(Stored data)
● ● ● ●
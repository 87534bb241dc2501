-- ===== src/Mutation/Cursor.antt =====
-- The vault's cursor: a batch moves it exactly when it writes, and announces where it is then.
use synch.Common.{
  ℕ, ◌+◌, ◌≤◌, ◌<◌, ◌≡◌, refl, sym, ◌∙◌, ap, subst, ◌⊎◌, String, Option, none, some, List, [], ◌∷◌,
  arith, Result, ok, err, ◌>>=◌, >>=-eq-ok, ok_inj, inl, inr, Bool-cases, Option-cases, is_some,
  contains, trim,
}
use synch.Domain.EntryPolicy.{
  EntryVersionCaptureReason, ApplyPlan, EntryMutationDecision, idempotent, stale_revision, apply,
}
use synch.Storage.Rows.{Database, EntryRow, CoordinatorState}
use synch.Storage.State.{
  read_vault_id, current_cursor, save_commit, read_sync_pause, read_version_history_retention_days,
}
use synch.Storage.Entries.{read_entry}
use synch.Mutation.{
  CommitContext, CommitMutationPayload, BatchState, SocketSession, CommitMutationsResult,
  CommitEnvironment, rejected, push, higher, read_cursor, next_base, check_next_blob, commit_apply,
  commit_again, commit_checked, commit_decided, commit_one, commit_all, batch_start, save_next,
  finish_batch, commit_transaction, context_for, commit_mutations,
}
use synch.Mutation.Writes.{Checked, check_next_blob-Checked, apply_writes_parts}

-- Nothing is written yet, or the batch's cursor is ahead of the stored one and is what will be
-- announced.
abbrev pub Progress : Database → BatchState → Type 0
Progress db st =
    ((st.next_cursor ≡ none) × (st.highest_broadcast_cursor ≡ none) × (st.db ≡ db))
    ⊎ ((c : ℕ) × (s : CoordinatorState) × (st.next_cursor ≡ some c)
        × (st.highest_broadcast_cursor ≡ some c)
        × (db.state ≡ some s)
        × (st.db.state ≡ some s)
        × (s.current_cursor < c))

pub read_cursor_state :
    (session : SocketSession) (db : Database) {c : ℕ}
    → read_cursor session db ≡ ok c
    → (s : CoordinatorState) × (db.state ≡ some s) × (s.current_cursor ≡ c)
unfolding read_cursor read_vault_id current_cursor
read_cursor_state session db {c} h = elim (Option-cases db.state) [
  | inl e ↦ absurd (ground arith)
  | inr (s, e) ↦ (s, e, ground arith)
]

-- The cursor that a write goes on from, under the progress so far.
base_state :
    (ctx : CommitContext) (db₀ : Database) (st : BatchState) (db : Database) {base : ℕ}
    → db.state ≡ st.db.state
    → next_base ctx st.next_cursor db ≡ ok base
    → Progress db₀ st
    → (s : CoordinatorState) × (db₀.state ≡ some s)
      × (st.db.state ≡ some s)
      × (s.current_cursor ≤ base)
      × (higher st.highest_broadcast_cursor (base + 1) ≡ some (base + 1))
unfolding next_base
base_state ctx db₀ st db {base} e h (inl (n, b, d)) =
    let h' : read_cursor ctx.session db ≡ ok base = (λ i. next_base ctx (sym n i) db) ∙ h in
    let (s, f, g) = read_cursor_state ctx.session db {c = base} h' in
    let f' : st.db.state ≡ some s = sym e ∙ f in
    (s, ap (λ (x : Database). x.state) (sym d) ∙ f', f', omega arith, rw b (ap some (omega arith)))
base_state ctx db₀ st db {base} e h (inr (c, s, n, b, f, g, l)) =
    let h' : ◌≡◌ {A = Result ℕ} (ok c) (ok base) = (λ i. next_base ctx (sym n i) db) ∙ h in
    let same : c ≡ base = ok_inj h' in (s, f, g, omega arith, rw b (ap some (omega arith)))

module _ (ctx : CommitContext) (m : CommitMutationPayload) (db₀ : Database) where
  abbrev id : String
  id = trim m.mutation_id

  apply_Progress :
      (current : Option EntryRow) (plan : ApplyPlan) (st : BatchState) (db : Database)
      {st' : BatchState}
      → Checked plan.next_blob_id st.db db
      → Progress db₀ st
      → commit_apply ctx m id current plan st db ≡ ok st'
      → Progress db₀ st'
  unfolding commit_apply
  apply_Progress current plan st db {st'} k p h =
      let (base, eb, es) = >>=-eq-ok (next_base ctx st.next_cursor db) _ {b = st'} h in
      let (s, f, g, l, b) = base_state ctx db₀ st db {base = base} k.same_state eb p in
      let (pe, pb, ps) = apply_writes_parts ctx m id current plan (base + 1) st.uuids db in
      subst (Progress db₀) (ok_inj es)
        (inr (base + 1, s, refl, b, f, ps ∙ k.same_state ∙ g, omega arith))

  checked_Progress :
      (current : Option EntryRow) (plan : ApplyPlan) (st : BatchState) {st' : BatchState}
      → Progress db₀ st
      → commit_checked ctx m id current plan st ≡ ok st'
      → Progress db₀ st'
  unfolding commit_checked
  checked_Progress current plan st {st'} pr h =
      go (check_next_blob ctx plan.next_blob_id st.db) refl h
    where
      go :
          (r : Result Database)
          → check_next_blob ctx plan.next_blob_id st.db ≡ r
          → ◌≡◌ {A = Result BatchState}
              (elim r [
                | err e ↦ ok (push (rejected id m.entry_id e) st)
                | ok db ↦ commit_apply ctx m id current plan st db
              ])
              (ok st')
          → Progress db₀ st'
      go (err e) p q = subst (Progress db₀) (ok_inj q) pr
      go (ok db) p q =
          apply_Progress current plan st db {st' = st'}
            (check_next_blob-Checked ctx plan.next_blob_id st.db db p) pr q

  decided_Progress :
      (current : Option EntryRow) (d : EntryMutationDecision) (st : BatchState) {st' : BatchState}
      → Progress db₀ st
      → commit_decided ctx m id current d st ≡ ok st'
      → Progress db₀ st'
  unfolding commit_decided commit_again
  decided_Progress none idempotent st p h = absurd (cc)
  decided_Progress (some x) idempotent st p h = subst (Progress db₀) (ok_inj h) p
  decided_Progress current (stale_revision x r) st p h = subst (Progress db₀) (ok_inj h) p
  decided_Progress current (apply plan) st {st'} p h =
      checked_Progress current plan st {st' = st'} p h

  one_Progress :
      (st : BatchState) {st' : BatchState}
      → Progress db₀ st
      → commit_one ctx m st ≡ ok st'
      → Progress db₀ st'
  unfolding commit_one
  one_Progress st {st'} p h = elim (Bool-cases (contains st.seen_mutation_ids id)) [
    | inl e ↦ subst (Progress db₀) (ok_inj (rw e at h)) p
    | inr e ↦
        decided_Progress (read_entry m.entry_id st.db) _
          (record st { seen_mutation_ids = id ∷ st.seen_mutation_ids }) {st' = st'} p (rw e at h)
  ]

pub all_Progress :
    (ctx : CommitContext) (ms : List CommitMutationPayload) (db₀ : Database) (st : BatchState)
    {st' : BatchState}
    → Progress db₀ st
    → commit_all ctx ms st ≡ ok st'
    → Progress db₀ st'
unfolding commit_all
all_Progress ctx [] db₀ st p h = subst (Progress db₀) (ok_inj h) p
all_Progress ctx (m ∷ ms) db₀ st {st'} p h =
    let (mid, first, rest) = >>=-eq-ok (commit_one ctx m st) _ {b = st'} h in
    all_Progress ctx ms db₀ mid {st' = st'} (one_Progress ctx m db₀ st {st' = mid} p first) rest

-- What a committed batch does to the vault's state.
abbrev pub Advances : ℕ → Database → CommitMutationsResult × Database → Type 0
Advances now db r =
    ((r.0.broadcast_cursor ≡ none) × (r.1 ≡ db))
    ⊎ ((c : ℕ) × (s : CoordinatorState) × (r.0.broadcast_cursor ≡ some c)
        × (db.state ≡ some s)
        × (r.1.state ≡ some (record s { current_cursor = c; last_commit_at = some now }))
        × (s.current_cursor < c))

pub finish_batch_parts :
    (ctx : CommitContext) (st : BatchState) {r : CommitMutationsResult × Database}
    → finish_batch ctx st ≡ ok r
    → (r.0.results ≡ st.results) × (r.1 ≡ save_next ctx.now st.next_cursor st.db)
unfolding finish_batch
finish_batch_parts ctx st {r} h =
    let saved = save_next ctx.now st.next_cursor st.db in
    let (c, ec, er) =
      >>=-eq-ok
        (elim st.highest_response_cursor [ none ↦ read_cursor ctx.session saved | some k ↦ ok k ]) _
        {b = r} h in
    (
      sym (ap (λ (x : CommitMutationsResult × Database). x.0.results) (ok_inj er)),
      sym (ap (λ (x : CommitMutationsResult × Database). x.1) (ok_inj er)),
    )

finish_Advances :
    (ctx : CommitContext) (st : BatchState) (db : Database) {r : CommitMutationsResult × Database}
    → Progress db st
    → finish_batch ctx st ≡ ok r
    → Advances ctx.now db r
unfolding finish_batch save_next save_commit
finish_Advances ctx st db {r} p h =
    let saved = save_next ctx.now st.next_cursor st.db in
    let (c, ec, er) =
      >>=-eq-ok
        (elim st.highest_response_cursor [ none ↦ read_cursor ctx.session saved | some k ↦ ok k ]) _
        {b = r} h in
    subst (Advances ctx.now db) (ok_inj er) (go c p)
  where
    go :
        (cursor : ℕ)
        → Progress db st
        → Advances ctx.now db (
          record {
            cursor = cursor;
            results = st.results;
            broadcast_cursor = st.highest_broadcast_cursor;
          },
          save_next ctx.now st.next_cursor st.db,
        )
    go cursor (inl (n, b, d)) = inl (b, rw n d)
    go cursor (inr (k, s, n, b, f, g, l)) = inr (k, s, b, f, rw n (rw g), l)

transaction_Advances :
    (ctx : CommitContext) (ms : List CommitMutationPayload) (db : Database)
    {r : CommitMutationsResult × Database}
    → commit_transaction ctx ms db ≡ ok r
    → Advances ctx.now db r
unfolding commit_transaction
transaction_Advances ctx ms db {r} h = elim (Bool-cases (is_some (read_sync_pause db))) [
  | inl e ↦ absurd (ground arith)
  | inr e ↦
      let h' : (commit_all ctx ms (batch_start db) >>= finish_batch ctx) ≡ ok r = rw e at h in
      let (st, el, ef) =
        >>=-eq-ok (commit_all ctx ms (batch_start db)) (finish_batch ctx) {b = r} h' in
      finish_Advances ctx st db {r = r}
        (all_Progress ctx ms db (batch_start db) {st' = st} (inl (refl, refl, refl)) el) ef
]

-- A committed batch that announces no cursor has left the whole database as it was. One that announces
-- a cursor has stored exactly that cursor, which is ahead of the one before, with the time of the
-- commit, and has left the rest of the vault's state (usage, limits and pause) alone.
pub commit_mutations-Advances :
    (env : CommitEnvironment) (session : SocketSession) (forced : Option EntryVersionCaptureReason)
    (ms : List CommitMutationPayload) (db : Database) (r : CommitMutationsResult × Database)
    → commit_mutations env session forced ms db ≡ ok r
    → Advances env.now db r
unfolding commit_mutations context_for
commit_mutations-Advances env session forced ms db r h =
    let (days, ed, et) = >>=-eq-ok (read_version_history_retention_days db) _ {b = r} h in
    transaction_Advances (context_for env session forced ms days) ms db {r = r} et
● ● ● ●
» **Goal of the exercise**: All lines in the data above from the one with "transaction_Advances ctx ms" through the one with "let h' : (commit_all" must be repeated exactly, and no others.

» **Task solution**:
transaction_Advances ctx ms db {r} h = elim (Bool-cases (is_some (read_sync_pause db))) [
  | inl e ↦ absurd (ground arith)
  | inr e ↦
      let h' : (commit_all ctx ms (batch_start db) >>= finish_batch ctx) ≡ ok r = rw e at h in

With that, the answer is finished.